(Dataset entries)
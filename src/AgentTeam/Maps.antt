-- ===== src/AgentTeam/Maps.antt =====
-- agentTeam/composition.ts: what the maps of `composeEffectiveAgents` hold.
use discordagent.Base.{
  String, ◌≡◌, refl, none, some, List, [], ◌∷◌, Result, ok, arith, str_dec, All, >>=-eq-ok,
  throw_if-eq-ok, ◌>>◌, throw_if, is_empty, subst,
}
use mathlib.Core.List.{Memᴰ}
use discordagent.Dict.{Dict, get, set, has, values}
use discordagent.Dict.Laws.{get-set}
use discordagent.Dict.Index.{get-set_self, get-set_ne}
use discordagent.Dict.Distinct.{IsDistinct, set-IsDistinct}
use discordagent.Text.{trim}
use discordagent.AgentTeam.Contracts.{
  Revision, ContractReference, TeamError, empty_id, duplicate_id,
}
use discordagent.AgentTeam.Checks.{
  index_from, index_unique, require_reference, require_positive_revision,
}
use discordagent.AgentTeam.Composition.{fill}

module _ {T : Type 0} (id_of : T → String) (revision_of : T → Revision) (kind : String) where
  -- A map that holds values of a list, each under its id.
  pub record IsIndexOf (vs : List T) (d : Dict T) : Type 0 where
    pub distinct : IsDistinct d
    pub keyed : (id : String) (v : T) → get id d ≡ some v → id_of v ≡ id
    pub listed : (id : String) (v : T) → get id d ≡ some v → Memᴰ v vs

  -- The state of the loop: what is in the map is listed.
  set_listed :
      (all : List T) (v : T) (acc : Dict T)
      → Memᴰ v all
      → IsIndexOf all acc
      → IsIndexOf all (set (id_of v) v acc)
  set_listed all v acc m h = record {
    distinct = set-IsDistinct (id_of v) v acc h.distinct;
    keyed = λ id w at. elim (str_dec (id_of v) id) [
      | yes here ↦ ground (arith, get-set (id_of v) id v acc)
      | no there ↦ h.keyed id w (ground (arith, get-set (id_of v) id v acc))
    ];
    listed = λ id w at. elim (str_dec (id_of v) id) [
      | yes here ↦
          let same : v ≡ w = ground (arith, get-set (id_of v) id v acc) in
          subst (λ u. Memᴰ u all) same m
      | no there ↦ h.listed id w (ground (arith, get-set (id_of v) id v acc))
    ];
  }

  index_from-IsIndexOf :
      (all vs : List T) (acc d : Dict T)
      → ((v : T) → Memᴰ v vs → Memᴰ v all)
      → IsIndexOf all acc
      → index_from id_of revision_of kind acc vs ≡ ok d
      → IsIndexOf all d
  unfolding index_from
  index_from-IsIndexOf all [] acc d sub h e =
      let same : acc ≡ d = ground arith in subst (IsIndexOf all) same h
  index_from-IsIndexOf all (v ∷ vs) acc d sub h e =
      let step =
        throw_if-eq-ok (is_empty (trim (id_of v))) (empty_id kind)
          (require_positive_revision kind (id_of v) (revision_of v)
            >> (throw_if (has (id_of v) acc) (duplicate_id kind (id_of v))
                >> index_from id_of revision_of kind (set (id_of v) v acc) vs))
          e in
      let (u, positive, rest) =
        >>=-eq-ok (require_positive_revision kind (id_of v) (revision_of v))
          (λ _.
            throw_if (has (id_of v) acc) (duplicate_id kind (id_of v))
            >> index_from id_of revision_of kind (set (id_of v) v acc) vs)
          step.1 in
      let fresh =
        throw_if-eq-ok (has (id_of v) acc) (duplicate_id kind (id_of v))
          (index_from id_of revision_of kind (set (id_of v) v acc) vs) rest in
      index_from-IsIndexOf all vs (set (id_of v) v acc) d (λ w m. sub w (Memᴰ.tail m))
        (set_listed all v acc (sub v (Memᴰ.head refl)) h) fresh.1

  empty-IsIndexOf : (all : List T) → IsIndexOf all []
  unfolding get
  empty-IsIndexOf all = record {
    distinct = tt;
    keyed = λ id v at. absurd (ground arith);
    listed = λ id v at. absurd (ground arith);
  }

  pub index_unique-IsIndexOf :
      (vs : List T) (d : Dict T) → index_unique id_of revision_of kind vs ≡ ok d → IsIndexOf vs d
  unfolding index_unique
  index_unique-IsIndexOf vs d e = index_from-IsIndexOf vs vs [] d (λ v m. m) (empty-IsIndexOf vs) e

  -- What a reference leads to.
  pub record Refers (d : Dict T) (reference : ContractReference) (v : T) : Type 0 where
    pub entry : get reference.id d ≡ some v
    pub current : revision_of v ≡ reference.revision

  pub require_reference-Refers :
      (owner_kind owner_id : String) (reference : ContractReference) (d : Dict T) (v : T)
      → require_reference id_of revision_of kind owner_kind owner_id reference d ≡ ok v
      → Refers d reference v
  unfolding require_reference
  require_reference-Refers owner_kind owner_id reference d v e = record {
    entry = ground arith;
    current = ground arith;
  }

module _ {V : Type 0} (id_of : V → String) (body : V → Result TeamError (List String)) where
  -- The map that a loop over the values of `d` fills, `acc` being what it began with.
  pub record IsFilled (d : Dict V) (acc rc : Dict (List String)) : Type 0 where
    pub filled :
        (id : String) (v : V)
        → get id d ≡ some v
        → (s : List String) × (get id rc ≡ some s) × (body v ≡ ok s)
    pub kept : (id : String) → get id d ≡ none → get id rc ≡ get id acc

  cons-IsFilled :
      (k : String) (v : V) (d : Dict V) (s : List String) (acc rc : Dict (List String))
      → get k d ≡ none
      → body v ≡ ok s
      → IsFilled d (set k s acc) rc
      → IsFilled ((k, v) ∷ d) acc rc
  unfolding get
  cons-IsFilled k v d s acc rc free made h = record {
    filled = λ id w at. elim (str_dec k id) [
      | yes here ↦ (s, ground (arith, h.kept k free, get-set_self k s acc), ground arith)
      | no there ↦ h.filled id w (ground arith)
    ];
    kept = λ id gone. elim (str_dec k id) [
      | yes here ↦ absurd (ground arith)
      | no there ↦ ground (arith, h.kept id (ground arith), get-set_ne k id s acc there)
    ];
  }

  pub fill-IsFilled :
      (d : Dict V) (acc rc : Dict (List String))
      → IsDistinct d
      → All (λ e. id_of e.1 ≡ e.0) d
      → fill id_of body acc (values d) ≡ ok rc
      → IsFilled d acc rc
  unfolding fill
  fill-IsFilled [] acc rc u keyed e = record {
    filled = λ id v at. absurd (unfold get in ground arith);
    kept = λ id gone. ground arith;
  }
  fill-IsFilled ((k, v) ∷ d) acc rc u keyed e =
      let (s, made, rest) =
        >>=-eq-ok (body v) (λ caps. fill id_of body (set (id_of v) caps acc) (values d)) e in
      cons-IsFilled k v d s acc rc u.0 made (
        fill-IsFilled d (set k s acc) rc u.1 keyed.1
          (subst (λ i. fill id_of body (set i s acc) (values d) ≡ ok rc) keyed.0 rest))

▶ **About this task**
Produce an exact copy of the lines from the one containing "cons-IsFilled k v d s acc rc u.0" through the final line of the data, both ends included, and only those.

▶ **Solved problem**
      cons-IsFilled k v d s acc rc u.0 made (
        fill-IsFilled d (set k s acc) rc u.1 keyed.1
          (subst (λ i. fill id_of body (set i s acc) (values d) ≡ ok rc) keyed.0 rest))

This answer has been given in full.